Since 1999, when the country moved from military dictatorship to democracy, the PDP has easily lapped up every election.
But now, tensions are rising as Jonathan has already lost many of his government members to the opposition coalition, who have complete faith in Buhari to take on the increasingly dangerous Boko Haram.
"He is a no-nonsense person who will not tolerate Boko Haram," one Jonathon defector told NBC News.
But voters seem to be torn between choosing a more effective leader and safeguarding their communities.
"If the Christian leader does not have what it takes to provide good leadership I will not vote for him merely because he is a Christian. However, I will make a choice between that Christian leader and a Muslim leader who may not guarantee freedom of religion... so to that extent I may lean to the Christian leader but that is not how it should be," a voter Arome Okwori told BBC.
But even while several in the Christian community perceive Buhari as an Islamist hard-liner, a spokesperson for his party dismissed it as "mischievous talk."

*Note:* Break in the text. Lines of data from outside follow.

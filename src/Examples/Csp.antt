-- ===== src/Examples/Csp.antt =====
-- The policy of src/codex_responses_adapter/csp.py for metadata that tries to add a directive.
use litellm_gateway.Prelude.{String, ◌≡◌, refl, List, [], ◌∷◌}
use litellm_gateway.Prelude.Json.{Json, str, arr, obj, Items, nil, cons, end, field, get}
use litellm_gateway.Prelude.Text.{split_on}
use litellm_gateway.Adapter.Csp.{
  dict_or_empty, ui_meta, directives, build_mcp_app_csp, safe_sources, safe_items,
}
use litellm_gateway.Adapter.Csp.Closed.{parts_of, policy_closed}

abbrev sources : Items
sources =
    cons (str " https://a.example ")
      (cons (str "https://b.example; script-src *") (cons (obj end) nil))

abbrev meta : Json
meta = obj (field "ui/csp" (obj (field "connectDomains" (arr sources) end)) end)

unsafe_source_dropped : safe_sources (arr sources) ≡ "https://a.example" ∷ []
unfolding safe_sources safe_items litellm_gateway.Prelude.Text.strip
    litellm_gateway.Prelude.Text.rstrip_space litellm_gateway.Prelude.Text.lstrip
    litellm_gateway.Prelude.Text.is_space litellm_gateway.Prelude.Text.has_char
unsafe_source_dropped = refl

policy_closed_example :
    split_on 59 (build_mcp_app_csp meta)
    ≡ parts_of (directives (dict_or_empty (get "csp" (ui_meta meta))))
policy_closed_example = policy_closed meta
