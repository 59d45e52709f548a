-- ===== src/SandboxApi/Grants/RoundTrip.antt =====
-- A grant that `issue_grant` of src/sandbox_api/grants.py makes, at `verify_grant`.
use Prim.Native.String.{count}
use litellm_gateway.Prelude.{
  ℕ, zero, suc, ◌+◌, ◌≤◌, ◌<◌, ◌≡◌, refl, ap, ◌∙◌, String, Bool, true, false, ◌||◌, some, [], ◌∷◌,
  ◌==◌, Bool-cases, inl, inr, eq_iff, eq_refl, arith, ltb,
}
use litellm_gateway.Prelude.Json.{pos, Json, int, str, obj, Fields, end, field, get, set}
use litellm_gateway.Prelude.Text.{split_dot, has_char}
use litellm_gateway.Prelude.Split.{split_dot-concat}
use litellm_gateway.SandboxApi.Grants.{
  Signing, accepted, verify_grant, issue_grant, payload_of, merge, check_claims, check_times,
  check_payload, check_signature, check_parts, loaded, same_bytes, Bytes, ◌-ℤ◌,
}

abbrev pub is_reserved : String → Bool
is_reserved k =
    k == "iss" || k == "aud" || k == "operation" || k == "iat" || k == "exp" || k == "nonce"

-- Claims that name none of the grant's own fields.
abbrev pub AreOther : Fields → Type 0
AreOther end = Unit
AreOther (field k v d) = (is_reserved k ≡ false) × AreOther d

get-set_other :
    (l k : String) (v : Json) (d : Fields) → (k == l) ≡ false → get l (set k v d) ≡ get l d
unfolding get set
get-set_other l k v end h = ground (arith, h)
get-set_other l k v (field j w d) h =
    ground (arith, get-set_other l k v d h, eq_iff j k, eq_iff j l, eq_iff k l)

get-merge :
    (l : String) (base claims : Fields)
    → is_reserved l ≡ true
    → AreOther claims
    → get l (merge base claims) ≡ get l base
unfolding merge
get-merge l base end r h = refl
get-merge l base (field k v claims) r h =
    get-merge l (set k v base) claims r h.1 ∙ get-set_other l k v base (ground (arith, eq_iff k l))

same_bytes_refl : (bytes : Bytes) → same_bytes bytes bytes ≡ true
unfolding same_bytes
same_bytes_refl [] = refl
same_bytes_refl (x ∷ bytes) = ground (arith, same_bytes_refl bytes)

-- What the encodings promise: a text without a full stop that decodes to its bytes, and a JSON text of
-- the payload that reads back as a dict with the same values (json.dumps sorts the keys).
pub record IsFaithful (s : Signing) (payload : Fields) : Type 0 where
  pub without_dot : (bytes : Bytes) → has_char 46 (s.encode bytes) ≡ false
  pub decoded : (bytes : Bytes) → s.decode (s.encode bytes) ≡ some bytes
  pub sorted : Fields
  pub read_back : s.loads (s.dumps (obj payload)) ≡ some (obj sorted)
  pub same_values : (k : String) → get k sorted ≡ get k payload

minus_lem : (n m : ℕ) → (pos (n + m) -ℤ pos n) ≡ pos m
minus_lem zero m = ap pos (omega arith)
minus_lem (suc n) m = ground arith

module _ (audience operation : String) (current max_lifetime issued_at lifetime : ℕ) where
  claims_lem :
      (q : Fields) (issuer nonce : String)
      → get "aud" q ≡ str audience
      → get "operation" q ≡ str operation
      → get "iss" q ≡ str issuer
      → get "nonce" q ≡ str nonce
      → (nonce == "") ≡ false
      → check_claims audience (some operation) q ≡ accepted q
  unfolding check_claims
  claims_lem q issuer nonce a o i n named =
      rw (a, o, i, n, eq_refl audience, eq_refl operation, named) refl

  times_lem :
      (q : Fields)
      → issued_at ≤ current + 30
      → current < issued_at + lifetime
      → 0 < lifetime
      → lifetime ≤ max_lifetime
      → check_claims audience (some operation) q ≡ accepted q
      → check_times audience
          (some operation)
          current
          max_lifetime
          q
          (some (pos issued_at))
          (some (pos (issued_at + lifetime)))
        ≡ accepted q
  unfolding check_times
  times_lem q early late positive short h = rw (minus_lem issued_at lifetime) (ground (arith, h))

nonempty_lem : (t : String) (p : String × String) → split_dot t ≡ some p → (t == "") ≡ false
unfolding split_dot
nonempty_lem t p h = elim (Bool-cases (t == "")) [
  | inl e ↦ let none_found = ap split_dot ((eq_iff t "").0 e) in ground (arith, none_found, h)
  | inr e ↦ e
]

short_lem : (n : ℕ) → n ≤ 65536 → ltb 65536 n ≡ false
short_lem n h = ground arith

-- What is left to check, where a token has its parts and the signature of its secret.
signed_lem :
    (s : Signing) (payload : Fields) (f : IsFaithful s payload) (secret audience operation : String)
    (current max_lifetime : ℕ) (encoded token : String)
    → split_dot token ≡ some (encoded, s.encode (s.digest secret encoded))
    → count token ≤ 65536
    → verify_grant s token secret audience (some operation) current max_lifetime
      ≡ check_payload audience (some operation) current max_lifetime (loaded s (s.decode encoded))
unfolding verify_grant check_parts check_signature
signed_lem s payload f secret audience operation current max_lifetime encoded token parts fits =
    rw
      (
        nonempty_lem token _ parts,
        short_lem (count token) fits,
        parts,
        f.decoded (s.digest secret encoded),
        same_bytes_refl (s.digest secret encoded),
      )
      refl

payload_lem :
    (audience operation : String) (current max_lifetime issued_at expires_at : ℕ) (q : Fields)
    → get "iat" q ≡ int (pos issued_at)
    → get "exp" q ≡ int (pos expires_at)
    → check_times audience
        (some operation)
        current
        max_lifetime
        q
        (some (pos issued_at))
        (some (pos expires_at))
      ≡ accepted q
    → check_payload audience (some operation) current max_lifetime (some (obj q)) ≡ accepted q
unfolding check_payload
payload_lem audience operation current max_lifetime issued_at expires_at q i e h = rw (i, e) h

-- A grant verifies where it was made for: with encodings that read back what they wrote, a token of at
-- most 64 KiB, claims beside the grant's own fields, a nonce, a lifetime that is positive and no longer
-- than the longest one allowed, and a clock from 30 seconds before the issue up to the expiry, what
-- `issue_grant` returns is accepted with the same secret, audience and operation, and every claim that
-- `verify_grant` returns is the one that was issued.
pub grant_round_trip :
    (s : Signing) (secret issuer audience operation nonce : String)
    (current max_lifetime issued_at lifetime : ℕ) (claims : Fields)
    → IsFaithful s
        (payload_of issuer audience operation (pos issued_at) (pos lifetime) nonce claims)
    → AreOther claims
    → (nonce == "") ≡ false
    → issued_at ≤ current + 30
    → current < issued_at + lifetime
    → 0 < lifetime
    → lifetime ≤ max_lifetime
    → count
        (issue_grant s secret issuer audience operation (pos issued_at) (pos lifetime) nonce claims)
      ≤ 65536
    → (q : Fields) × (verify_grant s
          (issue_grant s secret issuer audience operation
            (pos issued_at)
            (pos lifetime)
            nonce
            claims)
          secret
          audience
          (some operation)
          current
          max_lifetime
        ≡ accepted q)
      × ((k : String)
          → get k q
            ≡ get k
                (payload_of issuer audience operation (pos issued_at) (pos lifetime) nonce claims))
unfolding issue_grant payload_of get
grant_round_trip s secret issuer audience operation nonce current max_lifetime issued_at lifetime
      claims f other named early late positive short fits =
    let payload =
      payload_of issuer audience operation (pos issued_at) (pos lifetime) nonce claims in
    let q = f.sorted in
    let encoded = s.encode (s.dumps (obj payload)) in
    let other_than =
      λ (l : String) (r : is_reserved l ≡ true). f.same_values l ∙ get-merge l _ claims r other in
    (
      q,
      signed_lem s payload f secret audience operation current max_lifetime encoded _
            (split_dot-concat encoded _ (f.without_dot (s.dumps (obj payload)))) fits
          ∙ rw (f.decoded (s.dumps (obj payload)), f.read_back)
              (payload_lem audience operation current max_lifetime issued_at (issued_at + lifetime)
                q (other_than "iat" refl) (other_than "exp" refl)
                (times_lem audience operation current max_lifetime issued_at lifetime q early late
                  positive short
                  (claims_lem audience operation current max_lifetime issued_at lifetime q issuer
                    nonce (other_than "aud" refl) (other_than "operation" refl)
                    (other_than "iss" refl) (other_than "nonce" refl) named))),
      f.same_values,
    )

"Gen Buhari believes in the secular nature of Nigeria. "He is not a religious bigot. He is not a fundamentalist. That is mischievous talk," Lai Mohammed, a spokesman for the All Progressive Congress (APC) told BBC.
International Pressure
The Nigerian elections will be a key focus of the global community more than ever before, juxtaposed with the horrific violence by Boko Haram, which has earned international ire for its crimes, including its kidnapping of 200 schoolgirls last year.
Former president Olusegun Obasanjo on Sunday asked Nigerians to not disappoint in the upcoming elections, stating that the world is watching.
"The elections are crucial and the international community is watching us. We should not disappoint them, by ensuring that the elections are free and fair. This election is for progress and development of this great country and should be devoid of sentiments, like religion, ethnic and nepotism," Obasanjo said at an event, according to Nigeria's The Guardian.
Apart from just observing, the international community is likely to implore the two parties as well as the nation's military to ensure that the electoral process is carried out smoothly and does not tread the same violent path as the previous one.